Gotta love these GA16s. Yes they are slow, but they are very gutsy! My 93 Sentra has 159K on it, and stand next to it when it idles.... it sounds ridiculously quiet. The only stupid thing that has happened to me was a huge part of the exhaust snapped and fell off while I was driving down the street. I have since gotten it replaced. Water pump replaced, both front axles replaced. Front main seal leaks a few drops here and there. But she starts up happily every time. 

I last had an '87 Sentra 1.6 (dont know engine model number). She retired at 170K when she was hit by a truck on I-95  She was still running strong. My sister's Pulsar, same year with the same engine, was even better. My old Sentra's auto tranny was on its way out. The Pulsar's engine and tranny were still running very strong. My mother also had an '87 Sentra and she got over 300K out of the motor and tranny. 

Everyone touts the Civic and Corollas, but Sentras stand up to them and probably out-do many of them in terms of reliabilty. These are all great little cars, but the Sentras never seem to get the respect they deserve for exceptional reliability. I hope the QG18 can continue Nissan's trend of building highly reliable small 4-cyl enignes!


----------



## Nismo1997 (Dec 26, 2003)

I used to put alot of milage on my car, but sence Im selling it I cut back my traveling in the Sentra a huge amount.
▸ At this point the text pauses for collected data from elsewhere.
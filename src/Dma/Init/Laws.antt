-- ===== src/Dma/Init/Laws.antt =====
-- Every channel after `dma_init`.
use core_v_mini_mcu.Base.{
  ℕ, zero, suc, ◌/◌, ◌+◌, ◌≤◌, ◌<◌, ◌≡◌, ◌≢◌, refl, arith, Bool, true, false, ◌||◌, ◌==◌,
  if◌then◌else◌, ◌∙◌, ap, Option, none, List, [], ◌∷◌, ℕ_discrete,
}
use core_v_mini_mcu.Dma.Types.{World, Channel}
use core_v_mini_mcu.Dma.Init.{cleared_registers, clear, peri_of, init_channel, init_loop, dma_init}
use core_v_mini_mcu.Mmio.{Region, update, mmio_region_write32}
use core_v_mini_mcu.Mmio.Laws.{update_self, update-other}

-- Whether the word `j` is one of the registers.
unfoldable pub listed : List ℕ → ℕ → Bool
listed [] j = false
listed (offset ∷ offsets) j = j == offset / 4 || listed offsets j

clear_lem :
    (offsets : List ℕ) (r : Region) (j : ℕ)
    → clear offsets r j ≡ (if listed offsets j then 0 else r j)
unfolding clear listed
clear_lem [] r j = refl
clear_lem (offset ∷ offsets) r j =
    ground (arith, clear_lem offsets (mmio_region_write32 r offset 0) j)

clear-listed :
    (offsets : List ℕ) (r : Region) (j : ℕ) → listed offsets j ≡ true → clear offsets r j ≡ 0
clear-listed offsets r j h = rw (clear_lem offsets r j) (rw h refl)

clear_zero : (offsets : List ℕ) (r : Region) (j : ℕ) → r j ≡ 0 → clear offsets r j ≡ 0
clear_zero offsets r j h = ground (arith, clear_lem offsets r j)

-- The words of the registers up to the interrupt enable, at 0x5c, but for the status, at 0x14, and the
-- window count, at 0x58.
abbrev pub IsCleared : ℕ → Type 0
IsCleared j = (j ≤ 0x5c / 4) × (j ≢ 0x14 / 4) × (j ≢ 0x58 / 4)

IsCleared-listed : (j : ℕ) → IsCleared j → listed cleared_registers j ≡ true
unfolding listed
IsCleared-listed j h = ground arith

-- A channel that is initialised, with its peripheral.
abbrev pub IsReset : World → ℕ → ℕ → Type 0
IsReset w i peri =
    ((w.channels i).trans ≡ none)
    × ((w.channels i).peri ≡ peri)
    × ((j : ℕ) → IsCleared j → w.banks peri j ≡ 0)

cleared_bank :
    (p peri j : ℕ) (w : World)
    → w.banks peri j ≡ 0
    → Dec (peri ≡ p)
    → update w.banks p (clear cleared_registers (w.banks p)) peri j ≡ 0
cleared_bank p peri j w h (yes e) =
    let same : w.banks p j ≡ 0 = rw (← e) h in
    let bank = update_self w.banks p (clear cleared_registers (w.banks p)) in
    rw e (ap (λ (x : Region). x j) bank ∙ clear_zero cleared_registers (w.banks p) j same)
cleared_bank p peri j w h (no ne) =
    ap (λ (x : Region). x j) (update-other w.banks p (clear cleared_registers (w.banks p)) peri ne)
    ∙ h

module _ (given : Option ℕ) (integrated : ℕ → ℕ) where
  init_channel-IsReset :
      (i : ℕ) (w : World)
      → IsReset (init_channel given integrated i w) i (peri_of given integrated i)
  unfolding init_channel
  init_channel-IsReset i w =
      let p = peri_of given integrated i in
      let c = record (w.channels i) { trans = none; peri = p } in
      let written = update_self w.channels i c in
      let bank = update_self w.banks p (clear cleared_registers (w.banks p)) in
      (
        ap (λ (x : Channel). x.trans) written,
        ap (λ (x : Channel). x.peri) written,
        λ j hj.
            ap (λ (x : Region). x j) bank
            ∙ clear-listed cleared_registers (w.banks p) j (IsCleared-listed j hj),
      )

  init_channel-keeps :
      (i : ℕ) (w : World) (k peri : ℕ)
      → k ≢ i
      → IsReset w k peri
      → IsReset (init_channel given integrated i w) k peri
  unfolding init_channel
  init_channel-keeps i w k peri ne h =
      let p = peri_of given integrated i in
      let c = record (w.channels i) { trans = none; peri = p } in
      let untouched = update-other w.channels i c k ne in
      (
        ap (λ (x : Channel). x.trans) untouched ∙ h.0,
        ap (λ (x : Channel). x.peri) untouched ∙ h.1,
        λ j hj. cleared_bank p peri j w (h.2 j hj) (ℕ_discrete peri p),
      )

  init_loop-keeps :
      (left i : ℕ) (w : World) (k peri : ℕ)
      → k < i
      → IsReset w k peri
      → IsReset (init_loop given integrated left i w) k peri
  unfolding init_loop
  init_loop-keeps zero i w k peri below h = h
  init_loop-keeps (suc left) i w k peri below h =
      init_loop-keeps left (i + 1) (init_channel given integrated i w) k peri (omega arith)
        (init_channel-keeps i w k peri (omega arith) h)

  init_loop-IsReset :
      (left i : ℕ) (w : World) (k : ℕ)
      → i ≤ k
      → k < i + left
      → IsReset (init_loop given integrated left i w) k (peri_of given integrated k)
  unfolding init_loop
  init_loop-IsReset zero i w k from below = absurd (omega arith)
  init_loop-IsReset (suc left) i w k from below = elim (ℕ_discrete k i) [
    | yes e ↦ rw e (
        init_loop-keeps left (i + 1) (init_channel given integrated i w) i
          (peri_of given integrated i) (omega arith) (init_channel-IsReset i w))
    | no ne ↦
        init_loop-IsReset left (i + 1) (init_channel given integrated i w) k (omega arith)
          (omega arith)
  ]

-- After the initialisation each of the channels has no transaction, has the given or its own peripheral,
-- and reads 0 from each of the registers up to the interrupt enable but for the status and the window
-- count, also where channels share a peripheral.
pub dma_init-IsReset :
    (given : Option ℕ) (integrated : ℕ → ℕ) (ch_num : ℕ) (w : World) (k : ℕ)
    → k < ch_num
    → IsReset (dma_init given integrated ch_num w) k (peri_of given integrated k)
unfolding dma_init
dma_init-IsReset given integrated ch_num w k below =
    init_loop-IsReset given integrated ch_num 0 w k (omega arith) (omega arith)
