-- ===== src/Dma/Interrupt.antt =====
-- dma.c: the interrupt handlers, which look for the channels that raised a flag. The application's
-- handlers are called once for each; the list holds the channels in the order of the calls.
pub mod Order
pub mod Fairness
pub mod Pending
use core_v_mini_mcu.Base.{
  ℕ, zero, suc, ◌+◌, ◌/◌, u16, Bool, true, false, ◌&&◌, ltb, leb, ◌==◌, if◌then◌else◌, List, [],
  ◌∷◌,
}
use core_v_mini_mcu.Dma.Reg
use core_v_mini_mcu.Dma.Types.{Channel, World}
use core_v_mini_mcu.Mmio.{Region, update, mmio_region_read32}

-- The build options DMA_HP_INTR_INDEX and DMA_NUM_HP_INTR: neither, the first, or both.
pub data Priority : Type 0 where
  equal : Priority
  high_up_to : ℕ → Priority
  high_up_to_at_most : ℕ → ℕ → Priority

-- After channel `i` was served: whether the handler returns, and the new counter.
unfoldable pub after_serving : Priority → ℕ → ℕ → Bool × ℕ
after_serving equal i counter = (false, counter)
after_serving (high_up_to index) i counter = (leb i index, counter)
after_serving (high_up_to_at_most index limit) i counter =
    if leb i index && ltb counter limit
    then (true, u16 (counter + 1))
    else if ltb index i
    then (false, 0)
    else (false, counter)

-- The flag of a channel in one of its interrupt flag registers.
abbrev pub raised : ℕ → World → ℕ → Bool
raised register w i = mmio_region_read32 (w.banks (w.channels i).peri) register == 1

-- `dma_subsys_per[i].intrFlag = 1`
abbrev pub finish : ℕ → World → World
finish i w = record w { channels = update w.channels i (record (w.channels i) { intr_flag = 1 }) }

-- The loop of `fic_irq_dma` from channel `i` on, with the number of channels left.
unfoldable pub fic_loop : Priority → ℕ → ℕ → World → World × List ℕ
unfolding after_serving
fic_loop priority zero i w = (w, [])
fic_loop priority (suc left) i w =
    let served = finish i w in
    let (returns, counter) = after_serving priority i w.hp_tr_intr_counter in
    let counted = record served { hp_tr_intr_counter = counter } in
    elim (raised Reg.transaction_ifr w i) [
      | true ↦
          if returns
          then (counted, i ∷ [])
          else (let (last, others) = fic_loop priority left (i + 1) counted in (last, i ∷ others))
      | false ↦ fic_loop priority left (i + 1) w
    ]

unfoldable pub fic_irq_dma : Priority → ℕ → World → World × List ℕ
unfolding fic_loop
fic_irq_dma priority ch_num w = fic_loop priority ch_num 0 w

-- The loop of `handler_irq_dma`.
unfoldable pub window_loop : Priority → ℕ → ℕ → World → World × List ℕ
unfolding after_serving
window_loop priority zero i w = (w, [])
window_loop priority (suc left) i w =
    let (returns, counter) = after_serving priority i w.hp_win_intr_counter in
    let counted = record w { hp_win_intr_counter = counter } in
    elim (raised Reg.window_ifr w i) [
      | true ↦
          if returns
          then (counted, i ∷ [])
          else (let (last, others) = window_loop priority left (i + 1) counted in
              (last, i ∷ others))
      | false ↦ window_loop priority left (i + 1) w
    ]

unfoldable pub handler_irq_dma : Priority → ℕ → World → World × List ℕ
unfolding window_loop
handler_irq_dma priority ch_num w = window_loop priority ch_num 0 w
As we speak(type) Im at 143800 and runs like a champ :thumbup: 

I dont wanna let go


----------



## packerfan3001 (Dec 11, 2004)

266,532 miles, just replaced cv's at 266,000 miles, and originally trans, only thing kinmda major that has gone were the cv's


----------



## I'm tired of my usernamee (Feb 16, 2004)

woooooo, this thread was revived after almost a year!!!! But to keep this pointless thing going i have 204,xxx mi. with a new motor and tranny sitting in my garage


----------



## joeli16 (Nov 19, 2004)

It's the fun on this forum.Don't need to say it's "pointless" when others enjoy talking about how reliable their cars are.
My 92 Sentra got 149,6XXmiles,going on 150k within a month.I am the third owner of it and all of us(as I know from the record)this car has been babe since it's born.Change both front axles two months ago and got a pair of new front tires last month.I have driven on this car to many national parks.It's still running like a champ expect those tie rods need to be replaced...


----------



## WRXrob (Jun 4, 2003)

167K today. New clutch.


----------



## NotAnotherHonda (Aug 7, 2003)

i have just about 150 k on mine...replacing the head in a few days though


----------



## cwruck05 (Jul 9, 2004)

Running 147k right now, bought it at 107k in June 2004. :thumbup:


----------



## Neva2wicked (Sep 13, 2003)

cwruck05 said:


> Running 147k right now, bought it at 107k in June 2004. :thumbup:


Just hit 196K today after running between NJ and Waldorf, MD 5 times yesterday to help a buddy of mine move up this way.

The GA may be a 'kid' compared to the SR but it'll definitely take alot to wear that motor out. Out of all the cars I've had (all V6s), this one seems to take the abuse of a 'lead foot' and hwy spurts like a champ. Not bad for a lil 4 banger


----------



## WaLdo98 (Apr 30, 2002)

I had 183k miles on my 93 Sentra before we donated it to the Red Cross 1 year ago.


----------



## Nuskool (Jan 5, 2004)

170,000..... and still running


----------



## a_d_y_a (Feb 25, 2005)

153053 miles not KM for me


----------



## WRXrob (Jun 4, 2003)

bump. just hit 220,000 miles.


----------



## dave_f (Dec 11, 2002)

just crossed the 200,000K mark in september.... I recently upped the boost to 15 psi

-dave




dave_f said:


> I have about 185,000 miles on the ticker ... I put the turbo on at 175,00.
> -dave


----------



## seven_b13 (Oct 9, 2006)

..my friend had one at 245,000 before it died..


----------